# few ideas



## TTgreeny (Aug 22, 2008)

how about a good salesman/bad salesman section,where people can post up there experiences with sellers on teh forum?
also a section where we recommend garages an other services we've used,an warn people about bad experiences?


----------



## KammyTT (Jun 28, 2006)

the only problem with good salesman/bad salesman is that it would most likely end up with slagging matches between the parties involved.

in the past where there have been major greviances the problem has been made aware and i think that is the correct way to go about it.

as for the garage review, its a good idea if its a mark out of ten basis.

my 2p


----------



## CamV6 (Oct 26, 2003)

KammyTT said:


> as for the garage review, its a good idea if its a mark out of ten basis.

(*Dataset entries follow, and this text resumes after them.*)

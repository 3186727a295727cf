-- ===== src/Service/Forward.antt =====
-- asyncRequest of gubernator.go: a request that a peer owns is sent to it, and sent again to the
-- owner of the moment while the calls are cut off. The answers of the peers, of GetPeer and of the
-- context are parameters, by the number of the attempt.
use Prim.Native.String.{◌++◌ as join}
use gubernator.Peers.Hash.{PeerClient}
use gubernator.Prelude.{
  ℕ, zero, suc, ℤ, pos, String, List, [], ◌∷◌, Option, none, some, true, not, ◌&&◌, ltb, ltb_ℤ,
  ◌==◌, if◌then◌else◌, inl, inr, ◌⊎◌,
}
use gubernator.Service.Handlers.{Node, get_local_rate_limit}
use gubernator.Service.Route.{forward_request}
use gubernator.Types.{RateLimitReq, RateLimitResp, error_resp, hash_key}
use gubernator.World.{Runtime, ok, err}

-- What a call of a peer comes back with: a response, an error, or the error of a context that was
-- cancelled or ran out of time.
pub data CallResult : Type 0 where
  answer : RateLimitResp → CallResult
  failed cut_off : String → CallResult

pub record Network : Type 0 where
  pub call : ℕ → PeerClient → RateLimitReq → CallResult
  pub get_peer : ℕ → PeerClient ⊎ String
  pub ctx_err : ℕ → Option String

-- After a call that was cut off: the error that ends the request, or the peer to try next.
pub data Next : Type 0 where
  give_up : String → Next
  try_again : PeerClient → Next

-- The end of a request, with the calls that were made; or a panic of the worker pool.
pub data Async (F S : Type 0) : Type 0 where
  finished : Node F S → RateLimitResp → List RateLimitReq → Async F S
  panicked : Async F S
  out_of_fuel : Async F S

abbrev about : String → RateLimitReq → String → String
about text r error = join text (join " '" (join (hash_key r) (join "'" error)))

unfoldable pub sending : {F S : Type 0} → RateLimitReq → Async F S → Async F S
sending r (Async.finished n resp sent) = Async.finished n resp (r ∷ sent)
sending r Async.panicked = Async.panicked
sending r Async.out_of_fuel = Async.out_of_fuel

unfoldable pub after_cut : Network → RateLimitReq → ℕ → Next
after_cut net r attempts = elim (net.ctx_err attempts) [
  | some e ↦ Next.give_up (about "caller gave up on rate limit" r (join ": " e))
  | none ↦ elim (net.get_peer attempts) [
    | inl peer ↦ Next.try_again peer
    | inr e ↦ Next.give_up (about "while finding peer that owns rate limit" r (join ": " e))
  ]
]

module _ {F S T : Type 0} (rt : Runtime F S T) (sum : String → ℕ) (ceiling : ℤ) (net : Network)
    (now : T) (r : RateLimitReq) where
  -- The owner is this server by now.
  unfoldable pub handle_here : Node F S → Async F S
  handle_here n = elim (get_local_rate_limit rt sum ceiling now r true n) [
    | none ↦ Async.panicked
    | some (n', ok resp) ↦ Async.finished n' resp []
    | some (n', err e) ↦
        Async.finished n' (error_resp (about "during getLocalRateLimit() for" r (join ": " e))) []
  ]

  abbrev from_peer : String → RateLimitResp
  from_peer e = error_resp (about "while fetching rate limit" r (join " from peer: " e))

  unfoldable pub async_loop : ℕ → ℕ → String → PeerClient → Node F S → Async F S
  async_loop zero attempts error peer n = Async.out_of_fuel
  async_loop (suc fuel) attempts error peer n =
      if ltb 5 attempts
      then Async.finished n
          (error_resp (
            about "GetPeer() keeps returning peers that are not connected for" r (join ": " error)))
          []
      else if not (attempts == 0) && peer.info.is_owner
      then handle_here n
      else (elim (net.call attempts peer (forward_request r)) [
        | CallResult.answer resp ↦
            Async.finished n (record resp { owner = some peer.info.grpc_address })
              (forward_request r ∷ [])
        | CallResult.failed e ↦ Async.finished n (from_peer e) (forward_request r ∷ [])
        | CallResult.cut_off e ↦
            if ltb_ℤ (pos 0) r.max_wait
            then Async.finished n (from_peer e) (forward_request r ∷ [])
            else (elim (after_cut net r attempts) [
              | Next.give_up msg ↦ Async.finished n (error_resp msg) (forward_request r ∷ [])
              | Next.try_again next ↦
                  sending (forward_request r) (async_loop fuel (suc attempts) e next n)
            ])
      ])

  unfoldable pub async_request : PeerClient → Node F S → Async F S
  async_request peer n = async_loop 7 0 "" peer n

That's something that's been suggested on here for as long as I've been on these boards, but there doesnt seem any will on the part of the TTF to do this


----------



## TTgreeny (Aug 22, 2008)

its a shame,as a good friend of mine has recently setup a garage in doncaster,over 20yrs experience over 10years with vw/audi an over 10yrs on patrol with the AA.
these kinda of things are good to share with people,as it will save some money,like wise if someones paid over the odds for a poor job,i'd like to be aware of it [smiley=bigcry.gif]


----------



## kmpowell (May 6, 2002)

I've created a new section based on your idea.


----------



## TTgreeny (Aug 22, 2008)

nice one 8)


----------